Work task:
Below are the records. Retype exactly the lines between the lines holding "unfoldable pub accept_delivery_profile_update" and "accept_over current incoming", inclusive.

Provided records:
====

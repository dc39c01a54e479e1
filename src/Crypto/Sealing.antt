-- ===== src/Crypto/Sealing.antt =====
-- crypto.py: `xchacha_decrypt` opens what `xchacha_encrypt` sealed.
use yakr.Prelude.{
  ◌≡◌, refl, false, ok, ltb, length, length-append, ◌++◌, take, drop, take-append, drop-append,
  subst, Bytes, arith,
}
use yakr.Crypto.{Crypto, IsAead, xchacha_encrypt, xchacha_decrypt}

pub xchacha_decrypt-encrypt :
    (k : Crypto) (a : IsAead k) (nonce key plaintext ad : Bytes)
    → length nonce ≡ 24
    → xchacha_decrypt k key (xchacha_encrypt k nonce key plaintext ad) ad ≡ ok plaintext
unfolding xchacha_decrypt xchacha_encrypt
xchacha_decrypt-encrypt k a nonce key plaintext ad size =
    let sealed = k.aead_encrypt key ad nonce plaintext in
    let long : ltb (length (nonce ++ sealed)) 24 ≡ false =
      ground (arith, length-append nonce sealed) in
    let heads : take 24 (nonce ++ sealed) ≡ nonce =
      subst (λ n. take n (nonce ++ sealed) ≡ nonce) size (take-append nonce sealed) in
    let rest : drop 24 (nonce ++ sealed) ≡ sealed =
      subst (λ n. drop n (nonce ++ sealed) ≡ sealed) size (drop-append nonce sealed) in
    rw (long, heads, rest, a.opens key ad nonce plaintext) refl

====

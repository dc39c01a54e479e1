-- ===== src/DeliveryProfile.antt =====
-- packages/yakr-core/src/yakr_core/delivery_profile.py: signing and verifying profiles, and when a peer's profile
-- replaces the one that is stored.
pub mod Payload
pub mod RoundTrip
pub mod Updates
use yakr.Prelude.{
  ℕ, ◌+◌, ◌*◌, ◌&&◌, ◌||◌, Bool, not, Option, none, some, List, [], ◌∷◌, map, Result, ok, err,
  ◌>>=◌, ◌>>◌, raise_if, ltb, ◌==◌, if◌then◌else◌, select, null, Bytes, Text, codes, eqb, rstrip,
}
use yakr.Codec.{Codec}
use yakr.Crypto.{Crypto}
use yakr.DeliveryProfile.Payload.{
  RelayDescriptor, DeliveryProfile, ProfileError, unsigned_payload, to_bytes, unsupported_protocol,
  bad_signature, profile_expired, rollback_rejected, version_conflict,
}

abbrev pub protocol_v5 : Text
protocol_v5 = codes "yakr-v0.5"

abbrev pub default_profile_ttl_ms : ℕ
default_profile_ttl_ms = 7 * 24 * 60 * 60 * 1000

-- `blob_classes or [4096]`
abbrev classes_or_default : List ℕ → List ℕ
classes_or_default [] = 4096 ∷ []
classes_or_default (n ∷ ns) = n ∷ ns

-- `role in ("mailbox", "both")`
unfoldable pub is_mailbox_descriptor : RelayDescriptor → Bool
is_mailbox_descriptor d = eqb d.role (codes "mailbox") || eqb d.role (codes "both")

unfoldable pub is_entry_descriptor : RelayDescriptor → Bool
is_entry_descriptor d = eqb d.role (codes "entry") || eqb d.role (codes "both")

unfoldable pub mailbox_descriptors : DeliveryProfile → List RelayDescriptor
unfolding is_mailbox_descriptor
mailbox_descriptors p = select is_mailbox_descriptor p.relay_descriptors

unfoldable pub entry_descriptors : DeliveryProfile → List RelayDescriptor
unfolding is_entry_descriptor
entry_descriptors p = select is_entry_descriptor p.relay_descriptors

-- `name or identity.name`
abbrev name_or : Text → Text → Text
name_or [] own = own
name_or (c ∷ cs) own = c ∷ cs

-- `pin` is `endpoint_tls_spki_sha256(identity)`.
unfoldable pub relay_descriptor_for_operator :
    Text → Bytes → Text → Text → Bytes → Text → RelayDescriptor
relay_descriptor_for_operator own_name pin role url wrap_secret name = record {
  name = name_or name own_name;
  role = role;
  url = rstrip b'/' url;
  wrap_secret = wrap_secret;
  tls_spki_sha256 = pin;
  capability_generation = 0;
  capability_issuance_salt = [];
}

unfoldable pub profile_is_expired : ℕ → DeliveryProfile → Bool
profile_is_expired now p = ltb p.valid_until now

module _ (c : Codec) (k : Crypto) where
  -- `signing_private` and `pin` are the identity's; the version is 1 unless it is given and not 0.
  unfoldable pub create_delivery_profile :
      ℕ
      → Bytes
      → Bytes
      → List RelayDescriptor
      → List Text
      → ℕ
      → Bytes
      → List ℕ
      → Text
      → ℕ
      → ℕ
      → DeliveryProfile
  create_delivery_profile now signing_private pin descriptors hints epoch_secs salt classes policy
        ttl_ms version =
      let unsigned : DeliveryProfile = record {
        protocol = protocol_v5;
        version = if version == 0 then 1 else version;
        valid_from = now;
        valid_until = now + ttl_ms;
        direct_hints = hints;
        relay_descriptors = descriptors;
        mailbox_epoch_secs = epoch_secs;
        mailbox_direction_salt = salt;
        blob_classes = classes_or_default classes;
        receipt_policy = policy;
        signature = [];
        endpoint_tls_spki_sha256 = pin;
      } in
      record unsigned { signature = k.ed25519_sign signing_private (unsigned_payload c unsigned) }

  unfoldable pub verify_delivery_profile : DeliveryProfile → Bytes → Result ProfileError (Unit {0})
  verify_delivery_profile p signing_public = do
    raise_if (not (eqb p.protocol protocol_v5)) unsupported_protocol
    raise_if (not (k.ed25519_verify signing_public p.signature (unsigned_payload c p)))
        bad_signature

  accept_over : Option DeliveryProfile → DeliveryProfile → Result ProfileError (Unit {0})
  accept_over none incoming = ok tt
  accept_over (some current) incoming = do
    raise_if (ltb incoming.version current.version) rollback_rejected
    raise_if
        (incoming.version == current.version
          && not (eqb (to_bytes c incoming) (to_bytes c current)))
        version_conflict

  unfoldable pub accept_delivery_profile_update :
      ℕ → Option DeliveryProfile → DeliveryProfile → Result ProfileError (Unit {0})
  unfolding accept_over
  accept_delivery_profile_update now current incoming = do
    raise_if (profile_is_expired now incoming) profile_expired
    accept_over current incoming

====

Exercise result:
  unfoldable pub accept_delivery_profile_update :
      ℕ → Option DeliveryProfile → DeliveryProfile → Result ProfileError (Unit {0})
  unfolding accept_over
  accept_delivery_profile_update now current incoming = do
    raise_if (profile_is_expired now incoming) profile_expired
    accept_over current incoming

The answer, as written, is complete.